From the entries below, output the line with "loop has one more" and each following line up to and including the line with "-- Not modelled: the", exactly as written.

┏━━

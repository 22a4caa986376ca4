-- ===== src/Escrow/TrustRange.antt =====
-- The range of the trust scores, and what each resolution of the sweep does to it.
use sthrip.Base.{
  ℕ, Bool, none, some, Option, inl, inr, arith, true, false, Option-cases, Bool-cases,
  if◌then◌else◌,
}
use sthrip.Base.Int.{ℤ, pos, negsuc, ◌+ℤ◌, ◌≤ℤ◌, ◌==ℤ◌, int_laws}
use sthrip.Base.Table.{Table, find, set, All, set-All}
use sthrip.Models.Parties.{AgentReputation}
use sthrip.Models.Database.{Db}
use sthrip.Escrow.Trust.{clamp, rescored, adjusted, completion_trust}
use sthrip.Escrow.Expiry.{resolve_single, resolve_milestone_expiry}
use sthrip.Escrow.Resolution.{resolve_single_outcome}
use sthrip.Escrow.AutoRelease.{
  resolve_milestone_expiry_outcome, resolve_milestone_expiry_unknown, with_released,
}
use sthrip.Escrow.MilestoneOutcomes.{ends_with}

abbrev pub InRange : AgentReputation → Type 0
InRange r = (pos 0 ≤ℤ r.trust_score) × (r.trust_score ≤ℤ pos 100)

clamp-bounds : (x : ℤ) → (pos 0 ≤ℤ clamp x) × (clamp x ≤ℤ pos 100)
unfolding clamp
clamp-bounds x = grind int_laws

adjusted-InRange :
    (now agent : ℕ) (delta : ℤ) (t : Table AgentReputation)
    → All InRange t
    → All InRange (adjusted now agent delta t)
unfolding adjusted
adjusted-InRange now agent delta t h = elim (Bool-cases (delta ==ℤ pos 0)) [
  | inl z ↦ rw z h
  | inr z ↦ rw z (updated (find agent t))
]
  where
    updated :
        (o : Option AgentReputation)
        → All InRange
            (elim o as (λ x. ℕ × Table AgentReputation) [
              | none ↦ (0, t)
              | some r ↦ (1, set agent (rescored now delta r) t)
            ]).1
    updated none = h
    updated (some r) =
        set-All InRange agent (rescored now delta r) t h (clamp-bounds (r.trust_score +ℤ delta))

pub completion_trust-InRange :
    (now buyer seller : ℕ) (x y : ℤ) (t : Table AgentReputation)
    → All InRange t
    → All InRange (completion_trust now buyer seller x y t)
unfolding completion_trust
completion_trust-InRange now buyer seller x y t h = ground (
  arith,
  adjusted-InRange now seller (pos 1) t h,
  adjusted-InRange now buyer (pos 1) (adjusted now seller (pos 1) t),
  adjusted-InRange now seller (negsuc 1) t h,
  adjusted-InRange now seller (negsuc 0) t h,
)

-- The trust scores of a session.
abbrev pub TrustInRange : Db → Type 0
TrustInRange db = All InRange db.reputations

pub resolve_single-TrustInRange :
    (now id : ℕ) (db : Db) → TrustInRange db → TrustInRange (resolve_single now id db).1
resolve_single-TrustInRange now id db h = elim (Option-cases (find id db.deals)) [
  | inl e ↦ unfold resolve_single in (rw e h)
  | inr (d, e) ↦ elim (resolve_single_outcome now id d db e) [
    | inl (_, done) ↦ rw done (adjusted-InRange now d.seller_id (pos 0) db.reputations h)
    | inr (inl (_, done)) ↦ rw done (adjusted-InRange now d.seller_id (negsuc 2) db.reputations h)
    | inr (inr (inl (_, done))) ↦
        rw done
          (completion_trust-InRange now d.buyer_id d.seller_id d.amount d.amount db.reputations h)
    | inr (inr (inr (_, done))) ↦ rw done h
  ]
]

-- What the step after a released milestone does to the trust scores.
ended_or_not-InRange :
    (now buyer seller : ℕ) (x y : ℤ) (ends : Bool) (t : Table AgentReputation)
    → All InRange t
    → All InRange (if ends then completion_trust now buyer seller x y t else t)
ended_or_not-InRange now buyer seller x y true t h =
    completion_trust-InRange now buyer seller x y t h
ended_or_not-InRange now buyer seller x y false t h = h

pub resolve_milestone_expiry-TrustInRange :
    (now id seq : ℕ) (db : Db)
    → TrustInRange db
    → TrustInRange (resolve_milestone_expiry now id seq db).1
resolve_milestone_expiry-TrustInRange now id seq db h = elim (Option-cases (find id db.deals)) [
  | inl e ↦ unfold resolve_milestone_expiry in (rw e h)
  | inr (d, e) ↦ elim (Option-cases (find seq d.milestones)) [
    | inl em ↦ rw (resolve_milestone_expiry_unknown now id seq d db e em) h
    | inr (m, em) ↦ elim (resolve_milestone_expiry_outcome now id seq m d db e em) [
      | inl (_, _, done) ↦ rw done (adjusted-InRange now d.seller_id (negsuc 2) db.reputations h)
      | inr (inl (_, _, done)) ↦ rw done (
          ended_or_not-InRange now d.buyer_id d.seller_id (d.total_released +ℤ m.amount) d.amount
            (ends_with seq (with_released now seq m d)) db.reputations h)
      | inr (inr (_, done)) ↦ rw done h
    ]
  ]
]
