-- ===== src/Lib.antt =====
-- A model of Buran, an application server: an HTTP router that hands requests to worker processes
-- over the BWP protocol, and of what makes its parts correct.
--
-- Parts and files (paths from the repository's root):
-- - Prelude: tests on numbers, lists, byte orders, finite maps.
-- - Ipc: the protocol, crates/buran-ipc/src. Ipc/Error has `BwpError` and the constants of lib.rs;
--   Ipc/Frame is frame.rs, Ipc/Hello is hello.rs, Ipc/Request is request.rs. A slice or an index
--   out of range is the outcome `panic`.
-- - Router/Ws: crates/buran-router/src/ws.rs. `Decoder::next` is `next`, whose loop is `next_loop`
--   over `round`: one frame by `parse_frame`, and what `on_frame` does with it. The loop has fuel,
--   one more than the bytes in the buffer: each round takes a frame off.
-- - Router/Uri: crates/buran-router/src/uri.rs, the paths; Dates has `civil_from_days` and
--   `http_date`.
-- - Router/Template: crates/buran-router/src/template.rs. The loop of `compile` has one more fuel
--   than the input has bytes: each round takes a dollar sign off.
-- - Router/Matching: crates/buran-router/src/matching.rs. The regex crate is the parameter
--   `RegexEngine`; the parser of addresses of the standard library is one too.
-- - Router/Routes: crates/buran-router/src/routes.rs. `decide` walks with `walk` over `hop`,
--   sixteen hops at most as in the code, and `matches` tests one step. Compile makes routes of a
--   validated configuration; a call of `unreachable!` is an outcome of its own.
-- - Router/Dispatch: crates/buran-router/src/dispatch.rs. State has `Pool`, the state of a pool.
--   Its operations take a pool to a pool and a list of effects: what goes over channels and
--   sockets. Reader is `reader_task`, one frame at a time; Handshake has `read_frame`, `handshake`
--   and the delay after a crash; Sweep has `sweep_decide`, `abort_task` and `confirm_and_kill`;
--   Pump has `pump_body`, `send_ws`, `probe` and the tick of `janitor`; System puts a pool and the
--   readers of its workers together, as a relation of steps that interleave. What the code does
--   under one lock is one step; the counter of requests in flight is updated outside of the lock,
--   so System/Counter has each update as a step of its own. A send that fails takes its request out
--   even if a worker claimed it; that no worker does so is a hypothesis where it is needed. The
--   loop over request ids has one more fuel than there are requests: among so many candidates one
--   is free.
-- - Router/Http: crates/buran-router/src/http1.rs. Request is the head of a request
--   (`parse_request` and the functions on targets and headers), Body the reading of heads and
--   bodies, Response what is written, Payload is what `dispatch_to_app` hands to a worker, Exchange
--   what it makes of the answer; Writers has `TimedWriter` and `CountingWriter`. Connection is what
--   `serve_connection` does with one request, Connection/Turns how that ends, Connection/Requests
--   its loop, whose fuel is the length of the stream: every request takes its head off; Tunnel is
--   `ws_tunnel`, over the outcomes of its selects. A socket is the list of what it still brings;
--   the crate httparse is a parameter. The loops that read a body have its length for fuel: each
--   read brings a byte.
-- - Router/Static: crates/buran-router/src/serve_static.rs. Static.antt has the ranges, tags, types
--   and names, Serve is `serve`. The file system is a parameter. The copying loop has the bytes
--   that remain for fuel: each read takes one at least.
-- - Config: crates/buran-config/src. Config.antt has the types of schema.rs; Config/Actions,
--   Config/Applications, Config/Inline, Config/Listeners and Config/Quota are the parts of
--   validate.rs and cpu.rs, Config/Validate is `validate`, Config/Loading is lib.rs (Marks says
--   what an anchor is). A message is a constructor of `Problem`, without the path in the file. The
--   parser of IP literals is a parameter. Config/Substitution is subst.rs; its loop has one more
--   fuel than the text has bytes.
--
-- The configuration, once validated, is compiled to routes and names the pools. The router reads
-- requests with Http, which decodes paths with Uri and sends files with Static; Routes takes a
-- request to a decision with Matching, Template and Uri; the router submits requests to a pool of
-- Dispatch as payloads of Ipc/Request; the frames of Ipc/Frame come back to the reader; an upgraded
-- connection speaks Ws.
--
-- Not modelled: the access log, writes to a client that fail, the parsing of YAML, the worker
-- library, the PHP and echo modules and the supervisor; and of a pool the timers and the files. A
-- timeout is an outcome that a step takes as given. The order of a hash map is that of a list.
pub mod Prelude
pub mod Ipc
pub mod Router
pub mod Config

┗━━

RESULT BELOW =>
--   parser of IP literals is a parameter. Config/Substitution is subst.rs; its loop has one more
--   fuel than the text has bytes.
--
-- The configuration, once validated, is compiled to routes and names the pools. The router reads
-- requests with Http, which decodes paths with Uri and sends files with Static; Routes takes a
-- request to a decision with Matching, Template and Uri; the router submits requests to a pool of
-- Dispatch as payloads of Ipc/Request; the frames of Ipc/Frame come back to the reader; an upgraded
-- connection speaks Ws.
--
-- Not modelled: the access log, writes to a client that fail, the parsing of YAML, the worker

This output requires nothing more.